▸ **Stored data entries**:
--- --- ---
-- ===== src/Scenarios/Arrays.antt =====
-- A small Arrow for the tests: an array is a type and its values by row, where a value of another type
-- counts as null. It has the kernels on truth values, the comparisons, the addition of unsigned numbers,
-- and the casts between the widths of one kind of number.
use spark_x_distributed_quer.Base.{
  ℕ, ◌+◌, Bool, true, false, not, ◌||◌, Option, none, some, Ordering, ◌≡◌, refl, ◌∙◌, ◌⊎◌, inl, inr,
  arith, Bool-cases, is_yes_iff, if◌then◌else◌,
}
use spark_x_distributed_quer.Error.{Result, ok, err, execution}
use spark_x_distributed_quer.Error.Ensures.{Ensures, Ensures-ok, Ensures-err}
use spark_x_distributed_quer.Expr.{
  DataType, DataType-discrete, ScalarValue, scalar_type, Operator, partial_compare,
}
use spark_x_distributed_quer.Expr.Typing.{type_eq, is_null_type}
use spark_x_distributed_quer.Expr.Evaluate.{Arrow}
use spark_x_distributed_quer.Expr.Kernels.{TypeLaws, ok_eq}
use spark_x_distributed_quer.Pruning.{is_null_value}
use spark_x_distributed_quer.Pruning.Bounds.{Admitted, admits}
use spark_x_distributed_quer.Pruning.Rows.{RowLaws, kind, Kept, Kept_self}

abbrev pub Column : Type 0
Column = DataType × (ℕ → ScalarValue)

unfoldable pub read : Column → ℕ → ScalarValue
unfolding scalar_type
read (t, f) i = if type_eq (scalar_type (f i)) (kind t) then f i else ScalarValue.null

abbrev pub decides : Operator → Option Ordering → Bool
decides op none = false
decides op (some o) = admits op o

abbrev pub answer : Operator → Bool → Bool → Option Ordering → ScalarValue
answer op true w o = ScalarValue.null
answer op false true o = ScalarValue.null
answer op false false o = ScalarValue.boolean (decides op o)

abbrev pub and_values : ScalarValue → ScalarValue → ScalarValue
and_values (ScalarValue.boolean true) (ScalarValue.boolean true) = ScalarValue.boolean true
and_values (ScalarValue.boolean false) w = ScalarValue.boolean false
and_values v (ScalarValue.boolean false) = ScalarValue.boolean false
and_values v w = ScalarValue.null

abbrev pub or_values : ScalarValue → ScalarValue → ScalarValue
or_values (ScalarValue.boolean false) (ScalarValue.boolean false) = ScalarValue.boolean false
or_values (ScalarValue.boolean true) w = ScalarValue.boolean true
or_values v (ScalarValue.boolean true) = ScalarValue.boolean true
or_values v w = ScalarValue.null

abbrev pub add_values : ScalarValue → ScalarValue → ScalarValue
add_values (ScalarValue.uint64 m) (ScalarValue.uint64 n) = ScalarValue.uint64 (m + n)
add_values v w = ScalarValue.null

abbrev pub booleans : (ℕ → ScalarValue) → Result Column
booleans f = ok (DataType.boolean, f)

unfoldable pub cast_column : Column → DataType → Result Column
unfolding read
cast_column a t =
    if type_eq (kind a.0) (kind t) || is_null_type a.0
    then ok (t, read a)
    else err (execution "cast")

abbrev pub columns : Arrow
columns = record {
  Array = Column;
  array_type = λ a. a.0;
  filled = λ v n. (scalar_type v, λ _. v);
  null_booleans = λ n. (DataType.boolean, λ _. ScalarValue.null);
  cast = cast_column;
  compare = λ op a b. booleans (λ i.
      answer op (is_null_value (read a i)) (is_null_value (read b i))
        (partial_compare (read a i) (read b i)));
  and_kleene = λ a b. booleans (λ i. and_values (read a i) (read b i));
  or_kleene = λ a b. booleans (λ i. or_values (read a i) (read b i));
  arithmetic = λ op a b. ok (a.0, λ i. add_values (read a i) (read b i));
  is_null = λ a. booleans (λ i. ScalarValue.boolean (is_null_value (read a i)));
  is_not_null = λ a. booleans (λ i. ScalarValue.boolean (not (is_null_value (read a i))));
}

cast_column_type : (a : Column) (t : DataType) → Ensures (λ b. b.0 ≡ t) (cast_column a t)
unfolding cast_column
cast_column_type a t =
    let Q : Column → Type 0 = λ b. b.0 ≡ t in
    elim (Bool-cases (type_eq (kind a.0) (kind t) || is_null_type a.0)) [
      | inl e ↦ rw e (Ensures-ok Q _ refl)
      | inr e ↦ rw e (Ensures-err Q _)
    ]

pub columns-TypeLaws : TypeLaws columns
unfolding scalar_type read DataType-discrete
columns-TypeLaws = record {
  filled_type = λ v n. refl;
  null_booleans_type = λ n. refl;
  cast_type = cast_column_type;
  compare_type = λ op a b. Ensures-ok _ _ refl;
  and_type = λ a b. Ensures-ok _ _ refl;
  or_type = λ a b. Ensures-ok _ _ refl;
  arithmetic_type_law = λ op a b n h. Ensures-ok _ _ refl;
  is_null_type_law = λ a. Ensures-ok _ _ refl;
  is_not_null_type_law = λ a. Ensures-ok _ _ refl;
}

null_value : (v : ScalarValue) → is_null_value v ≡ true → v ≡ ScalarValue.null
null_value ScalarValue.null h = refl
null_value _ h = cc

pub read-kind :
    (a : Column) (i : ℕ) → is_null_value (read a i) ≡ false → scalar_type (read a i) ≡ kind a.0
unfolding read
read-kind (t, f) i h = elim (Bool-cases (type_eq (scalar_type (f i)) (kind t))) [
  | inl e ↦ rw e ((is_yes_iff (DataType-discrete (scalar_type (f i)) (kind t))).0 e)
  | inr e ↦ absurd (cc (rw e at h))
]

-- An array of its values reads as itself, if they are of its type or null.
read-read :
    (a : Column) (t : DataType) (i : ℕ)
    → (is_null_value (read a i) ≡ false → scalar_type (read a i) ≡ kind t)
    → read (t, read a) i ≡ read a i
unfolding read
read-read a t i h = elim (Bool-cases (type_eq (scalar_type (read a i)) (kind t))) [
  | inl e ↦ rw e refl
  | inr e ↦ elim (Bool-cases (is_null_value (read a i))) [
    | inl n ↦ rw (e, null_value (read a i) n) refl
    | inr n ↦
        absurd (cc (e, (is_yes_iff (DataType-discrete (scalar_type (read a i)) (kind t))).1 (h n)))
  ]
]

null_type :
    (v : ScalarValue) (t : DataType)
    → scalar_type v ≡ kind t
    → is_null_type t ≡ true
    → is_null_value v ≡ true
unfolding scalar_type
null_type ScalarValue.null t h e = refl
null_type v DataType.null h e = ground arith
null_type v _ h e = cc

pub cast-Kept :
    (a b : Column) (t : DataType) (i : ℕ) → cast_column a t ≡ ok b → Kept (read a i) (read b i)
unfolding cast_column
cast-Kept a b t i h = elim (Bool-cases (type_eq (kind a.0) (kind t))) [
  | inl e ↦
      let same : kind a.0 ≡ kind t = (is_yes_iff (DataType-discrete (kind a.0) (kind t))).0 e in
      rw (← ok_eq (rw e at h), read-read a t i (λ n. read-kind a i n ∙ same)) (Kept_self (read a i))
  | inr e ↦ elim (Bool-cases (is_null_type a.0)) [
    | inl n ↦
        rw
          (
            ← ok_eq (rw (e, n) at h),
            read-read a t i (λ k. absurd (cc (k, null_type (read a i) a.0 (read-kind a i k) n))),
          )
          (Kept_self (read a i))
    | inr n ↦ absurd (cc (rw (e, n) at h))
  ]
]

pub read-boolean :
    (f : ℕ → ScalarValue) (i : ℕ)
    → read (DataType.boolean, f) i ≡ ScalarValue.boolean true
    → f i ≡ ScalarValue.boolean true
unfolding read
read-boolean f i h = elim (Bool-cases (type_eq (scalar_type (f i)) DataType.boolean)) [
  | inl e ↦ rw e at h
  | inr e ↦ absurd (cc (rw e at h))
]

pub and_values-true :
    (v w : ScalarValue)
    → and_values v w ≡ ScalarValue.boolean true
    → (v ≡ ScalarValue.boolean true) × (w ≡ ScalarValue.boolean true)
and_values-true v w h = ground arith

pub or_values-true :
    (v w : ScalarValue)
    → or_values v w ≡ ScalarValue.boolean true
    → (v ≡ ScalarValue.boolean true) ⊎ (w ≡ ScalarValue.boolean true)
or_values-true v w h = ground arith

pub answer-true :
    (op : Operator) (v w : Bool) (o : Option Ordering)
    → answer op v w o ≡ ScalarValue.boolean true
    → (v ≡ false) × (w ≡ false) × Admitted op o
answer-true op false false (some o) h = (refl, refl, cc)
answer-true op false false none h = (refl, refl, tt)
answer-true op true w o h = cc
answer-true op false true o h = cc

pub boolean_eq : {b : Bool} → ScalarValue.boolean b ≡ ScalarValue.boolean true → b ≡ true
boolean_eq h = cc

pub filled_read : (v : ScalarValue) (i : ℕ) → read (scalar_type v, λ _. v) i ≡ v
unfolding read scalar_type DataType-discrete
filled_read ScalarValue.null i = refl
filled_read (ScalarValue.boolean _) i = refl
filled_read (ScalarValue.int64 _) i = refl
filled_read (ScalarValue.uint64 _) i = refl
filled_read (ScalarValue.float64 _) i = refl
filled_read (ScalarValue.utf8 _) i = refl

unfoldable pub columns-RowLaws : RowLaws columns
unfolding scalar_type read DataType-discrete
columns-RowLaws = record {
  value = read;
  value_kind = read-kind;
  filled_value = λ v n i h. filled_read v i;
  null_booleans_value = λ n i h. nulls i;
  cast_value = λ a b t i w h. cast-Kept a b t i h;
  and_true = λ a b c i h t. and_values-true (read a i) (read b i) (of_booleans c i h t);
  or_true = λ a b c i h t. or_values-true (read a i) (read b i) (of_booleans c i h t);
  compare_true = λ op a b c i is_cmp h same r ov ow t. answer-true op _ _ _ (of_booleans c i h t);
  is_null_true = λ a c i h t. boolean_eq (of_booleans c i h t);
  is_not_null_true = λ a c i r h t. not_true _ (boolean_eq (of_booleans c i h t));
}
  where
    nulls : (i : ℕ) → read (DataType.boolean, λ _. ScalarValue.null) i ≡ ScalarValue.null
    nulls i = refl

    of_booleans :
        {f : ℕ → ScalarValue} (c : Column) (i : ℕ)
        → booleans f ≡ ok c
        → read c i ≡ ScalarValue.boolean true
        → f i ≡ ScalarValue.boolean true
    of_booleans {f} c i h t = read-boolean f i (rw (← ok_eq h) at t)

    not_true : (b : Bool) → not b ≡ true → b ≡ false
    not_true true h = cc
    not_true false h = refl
--- --- ---
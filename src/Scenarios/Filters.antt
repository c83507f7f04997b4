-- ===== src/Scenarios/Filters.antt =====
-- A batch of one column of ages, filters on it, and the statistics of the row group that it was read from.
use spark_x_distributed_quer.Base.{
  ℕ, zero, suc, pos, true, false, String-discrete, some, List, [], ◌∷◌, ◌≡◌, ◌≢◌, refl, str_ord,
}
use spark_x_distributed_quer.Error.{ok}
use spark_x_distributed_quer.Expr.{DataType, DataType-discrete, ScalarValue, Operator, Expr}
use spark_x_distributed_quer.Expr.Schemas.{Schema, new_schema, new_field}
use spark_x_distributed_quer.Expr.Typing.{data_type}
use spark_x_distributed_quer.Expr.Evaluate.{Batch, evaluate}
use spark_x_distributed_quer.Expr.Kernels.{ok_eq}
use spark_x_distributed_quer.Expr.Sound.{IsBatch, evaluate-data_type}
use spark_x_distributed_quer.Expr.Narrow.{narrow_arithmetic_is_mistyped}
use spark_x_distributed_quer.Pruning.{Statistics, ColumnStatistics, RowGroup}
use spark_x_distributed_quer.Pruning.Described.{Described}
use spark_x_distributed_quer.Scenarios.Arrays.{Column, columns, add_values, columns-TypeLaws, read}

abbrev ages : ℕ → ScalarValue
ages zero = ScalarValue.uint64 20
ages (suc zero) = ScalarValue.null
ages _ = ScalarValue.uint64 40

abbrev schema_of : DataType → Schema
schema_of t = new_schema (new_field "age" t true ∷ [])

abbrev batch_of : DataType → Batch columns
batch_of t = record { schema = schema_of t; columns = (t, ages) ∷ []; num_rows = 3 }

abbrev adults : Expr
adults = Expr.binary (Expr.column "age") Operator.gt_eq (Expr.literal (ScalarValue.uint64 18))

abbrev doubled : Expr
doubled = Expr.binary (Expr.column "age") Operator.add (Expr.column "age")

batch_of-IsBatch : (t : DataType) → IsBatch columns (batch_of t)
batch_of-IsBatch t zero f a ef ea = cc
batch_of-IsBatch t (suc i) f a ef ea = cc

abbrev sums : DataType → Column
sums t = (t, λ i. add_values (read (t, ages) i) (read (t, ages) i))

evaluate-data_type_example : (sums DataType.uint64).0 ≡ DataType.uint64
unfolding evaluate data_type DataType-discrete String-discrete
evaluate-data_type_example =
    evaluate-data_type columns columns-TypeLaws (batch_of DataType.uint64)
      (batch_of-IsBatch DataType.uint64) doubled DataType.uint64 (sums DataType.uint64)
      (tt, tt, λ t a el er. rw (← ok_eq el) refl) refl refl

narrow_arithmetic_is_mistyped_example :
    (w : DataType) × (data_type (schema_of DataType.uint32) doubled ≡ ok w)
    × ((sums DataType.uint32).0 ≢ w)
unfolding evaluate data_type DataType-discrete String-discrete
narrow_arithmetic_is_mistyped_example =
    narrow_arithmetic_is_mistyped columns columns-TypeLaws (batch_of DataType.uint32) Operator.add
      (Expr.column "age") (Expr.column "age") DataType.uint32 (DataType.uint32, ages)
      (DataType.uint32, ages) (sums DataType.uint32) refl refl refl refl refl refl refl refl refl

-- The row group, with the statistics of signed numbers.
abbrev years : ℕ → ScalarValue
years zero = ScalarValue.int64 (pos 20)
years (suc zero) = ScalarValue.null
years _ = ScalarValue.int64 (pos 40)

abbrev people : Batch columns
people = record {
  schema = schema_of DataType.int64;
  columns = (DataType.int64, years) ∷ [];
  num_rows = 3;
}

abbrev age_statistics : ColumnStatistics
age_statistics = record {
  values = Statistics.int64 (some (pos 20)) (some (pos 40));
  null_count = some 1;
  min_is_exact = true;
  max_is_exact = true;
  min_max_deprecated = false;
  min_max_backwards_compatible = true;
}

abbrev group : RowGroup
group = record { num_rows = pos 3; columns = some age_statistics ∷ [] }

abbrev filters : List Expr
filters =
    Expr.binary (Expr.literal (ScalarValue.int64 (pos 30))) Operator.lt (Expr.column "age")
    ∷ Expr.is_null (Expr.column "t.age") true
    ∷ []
--- --- ---
▸ **YOUR TASK**: Above are the records; copy every line in them that holds the word "decides".

▸ **YOUR SOLUTION**:
abbrev pub decides : Operator → Option Ordering → Bool
decides op none = false
decides op (some o) = admits op o
answer op false false o = ScalarValue.boolean (decides op o)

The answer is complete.